_Assignment_
Where the listing below has a line with "add_columns-there [] table h = refl", write out exactly that line and every line after it, stopping after the line with "(db : Tables)".

_Given entries_
-- ===== src/Core/Ledger/Schema.antt =====
-- The schema of the database in ledger.rs: a table is the list of its columns. `init` creates what is
-- missing, and `migrate` adds the columns that came later.
use role_n.Prelude.{
  String, Bool, true, false, ◌||◌, Option, none, some, List, [], ◌∷◌, ◌++◌, if◌then◌else◌, contains,
  string_eq, ◌≡◌, refl, arith, all, ◌&&◌, append_assoc, append-nil, ◌==◌, ==_iff, ==_refl, sym,
  Bool-cases, inl, inr,
}

pub record Tables : Type 0 where
  pub ledger_entries : Option (List String)
  pub sessions : Option (List String)
  pub write_tickets : Option (List String)

abbrev pub ledger_entries_columns : List String
ledger_entries_columns =
    "id" ∷ "session_id" ∷ "provider_id" ∷ "tokens_in" ∷ "tokens_cached" ∷ "tokens_cache_write_5m"
    ∷ "tokens_cache_write_1h" ∷ "tokens_out" ∷ "cost" ∷ "latency_ms" ∷ "ts" ∷ []

abbrev pub sessions_columns : List String
sessions_columns =
    "id" ∷ "task_id" ∷ "provider_id" ∷ "model" ∷ "role" ∷ "state" ∷ "tokens_in" ∷ "tokens_out"
    ∷ "cost" ∷ "started" ∷ "transcript_path" ∷ []

abbrev pub write_tickets_columns : List String
write_tickets_columns =
    "id" ∷ "task_id" ∷ "path" ∷ "op" ∷ "payload" ∷ "base_hash" ∷ "state" ∷ "ts" ∷ []

-- `CREATE TABLE IF NOT EXISTS`
abbrev create_table : List String → Option (List String) → List String
create_table columns none = columns
create_table columns (some table) = table

-- `if !has_column(…) { ALTER TABLE … ADD COLUMN … }`
abbrev pub add_column : String → List String → List String
add_column column table = if contains table column then table else table ++ column ∷ []

-- The loop over the columns.
abbrev pub add_columns : List String → List String → List String
add_columns [] table = table
add_columns (column ∷ columns) table = add_columns columns (add_column column table)

abbrev cache_columns : List String
cache_columns = "tokens_cached" ∷ "tokens_cache_write_5m" ∷ "tokens_cache_write_1h" ∷ []

pub init : Tables → Tables
init db = record {
  ledger_entries =
      some (add_columns cache_columns (create_table ledger_entries_columns db.ledger_entries));
  sessions = some (add_column "role" (create_table sessions_columns db.sessions));
  write_tickets = some (create_table write_tickets_columns db.write_tickets);
}

contains-append :
    (xs : List String) (a b : String) → contains (xs ++ a ∷ []) b ≡ (contains xs b || (a == b))
contains-append [] a b = ground arith
contains-append (x ∷ xs) a b = ground (arith, contains-append xs a b)

contains-add_column :
    (a b : String) (table : List String)
    → contains (add_column a table) b ≡ (contains table b || (a == b))
contains-add_column a b table = ground (arith, ==_iff a b, contains-append table a b)

contains-add_columns :
    (columns table : List String) (b : String)
    → contains (add_columns columns table) b ≡ (contains table b || contains columns b)
contains-add_columns [] table b = ground arith
contains-add_columns (a ∷ columns) table b =
    ground
      (arith, contains-add_column a b table, contains-add_columns columns (add_column a table) b)

-- What is added stands behind the columns that are there.
add_columns-prefix :
    (columns table : List String)
    → (more : List String) × (add_columns columns table ≡ table ++ more)
add_columns-prefix [] table = ([], sym (append-nil table))
add_columns-prefix (a ∷ columns) table = elim (Bool-cases (contains table a)) [
  | inl e ↦ let (more, p) = add_columns-prefix columns table in (more, rw e p)
  | inr e ↦
      let (more, p) = add_columns-prefix columns (table ++ a ∷ []) in
      (a ∷ more, rw (e, p, append_assoc table (a ∷ []) more) refl)
]

-- Adding columns that are there changes nothing.
add_columns-there :
    (columns table : List String)
    → all (λ a. contains table a) columns ≡ true
    → add_columns columns table ≡ table
add_columns-there [] table h = refl
add_columns-there (a ∷ columns) table h = ground (arith, h, add_columns-there columns table)

-- `all` of the columns are in a table, which is there.
abbrev has_all : List String → Option (List String) → Bool
has_all columns none = false
has_all columns (some table) = all (λ a. contains table a) columns

abbrev or_none : Option (List String) → List String
or_none none = []
or_none (some table) = table

abbrev is_prefix : List String → List String → Bool
is_prefix [] ys = true
is_prefix (x ∷ xs) [] = false
is_prefix (x ∷ xs) (y ∷ ys) = x == y && is_prefix xs ys

is_prefix-append : (xs ys : List String) → is_prefix xs (xs ++ ys) ≡ true
is_prefix-append [] ys = refl
is_prefix-append (x ∷ xs) ys = ground (arith, ==_refl x, is_prefix-append xs ys)

is_prefix-add_columns :
    (columns fresh : List String) (table : Option (List String))
    → is_prefix (or_none table) (add_columns columns (create_table fresh table)) ≡ true
is_prefix-add_columns columns fresh none = refl
is_prefix-add_columns columns fresh (some table) =
    let (more, e) = add_columns-prefix columns table in rw e (is_prefix-append table more)

cache_columns-there :
    (table : List String) → has_all cache_columns (some (add_columns cache_columns table)) ≡ true
cache_columns-there table =
    let there = contains-add_columns cache_columns table in
    ground
      (arith, there "tokens_cached", there "tokens_cache_write_5m", there "tokens_cache_write_1h")

role-there : (table : List String) → contains (add_column "role" table) "role" ≡ true
role-there table = ground (arith, contains-add_column "role" "role" table)

abbrev pub empty : Tables
empty = record { ledger_entries = none; sessions = none; write_tickets = none }

-- `init` brings a database of any earlier version to one with the columns that were added later; the
-- columns of a table that exists keep their places, with the new ones behind them; a new database has
-- every column; and a second `init` changes nothing.
pub init_lem :
    (db : Tables)
    → (has_all cache_columns (init db).ledger_entries ≡ true)
      × (has_all ("role" ∷ []) (init db).sessions ≡ true)
      × (is_prefix (or_none db.ledger_entries) (or_none (init db).ledger_entries) ≡ true)
      × (is_prefix (or_none db.sessions) (or_none (init db).sessions) ≡ true)
      × (is_prefix (or_none db.write_tickets) (or_none (init db).write_tickets) ≡ true)
      × (has_all ledger_entries_columns (init empty).ledger_entries ≡ true)
      × (has_all sessions_columns (init empty).sessions ≡ true)
      × (init (init db) ≡ init db)
unfolding init
init_lem db =
    let entries = create_table ledger_entries_columns db.ledger_entries in
    let sessions = create_table sessions_columns db.sessions in
    let there = cache_columns-there entries in
    let role = role-there sessions in
    (
      there,
      ground (arith, role),
      is_prefix-add_columns cache_columns ledger_entries_columns db.ledger_entries,
      is_prefix-add_columns ("role" ∷ []) sessions_columns db.sessions,
      is_prefix-add_columns [] write_tickets_columns db.write_tickets,
      refl,
      refl,
      rw
          (
            add_columns-there cache_columns (add_columns cache_columns entries) there,
            add_columns-there ("role" ∷ []) (add_column "role" sessions) (ground (arith, role)),
          )
          refl,
    )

_Exercise answer_
add_columns-there [] table h = refl
add_columns-there (a ∷ columns) table h = ground (arith, h, add_columns-there columns table)

-- `all` of the columns are in a table, which is there.
abbrev has_all : List String → Option (List String) → Bool
has_all columns none = false
has_all columns (some table) = all (λ a. contains table a) columns

abbrev or_none : Option (List String) → List String
or_none none = []
or_none (some table) = table

abbrev is_prefix : List String → List String → Bool
is_prefix [] ys = true
is_prefix (x ∷ xs) [] = false
is_prefix (x ∷ xs) (y ∷ ys) = x == y && is_prefix xs ys

is_prefix-append : (xs ys : List String) → is_prefix xs (xs ++ ys) ≡ true
is_prefix-append [] ys = refl
is_prefix-append (x ∷ xs) ys = ground (arith, ==_refl x, is_prefix-append xs ys)

is_prefix-add_columns :
    (columns fresh : List String) (table : Option (List String))
    → is_prefix (or_none table) (add_columns columns (create_table fresh table)) ≡ true
is_prefix-add_columns columns fresh none = refl
is_prefix-add_columns columns fresh (some table) =
    let (more, e) = add_columns-prefix columns table in rw e (is_prefix-append table more)

cache_columns-there :
    (table : List String) → has_all cache_columns (some (add_columns cache_columns table)) ≡ true
cache_columns-there table =
    let there = contains-add_columns cache_columns table in
    ground
      (arith, there "tokens_cached", there "tokens_cache_write_5m", there "tokens_cache_write_1h")

role-there : (table : List String) → contains (add_column "role" table) "role" ≡ true
role-there table = ground (arith, contains-add_column "role" "role" table)

abbrev pub empty : Tables
empty = record { ledger_entries = none; sessions = none; write_tickets = none }

-- `init` brings a database of any earlier version to one with the columns that were added later; the
-- columns of a table that exists keep their places, with the new ones behind them; a new database has
-- every column; and a second `init` changes nothing.
pub init_lem :
    (db : Tables)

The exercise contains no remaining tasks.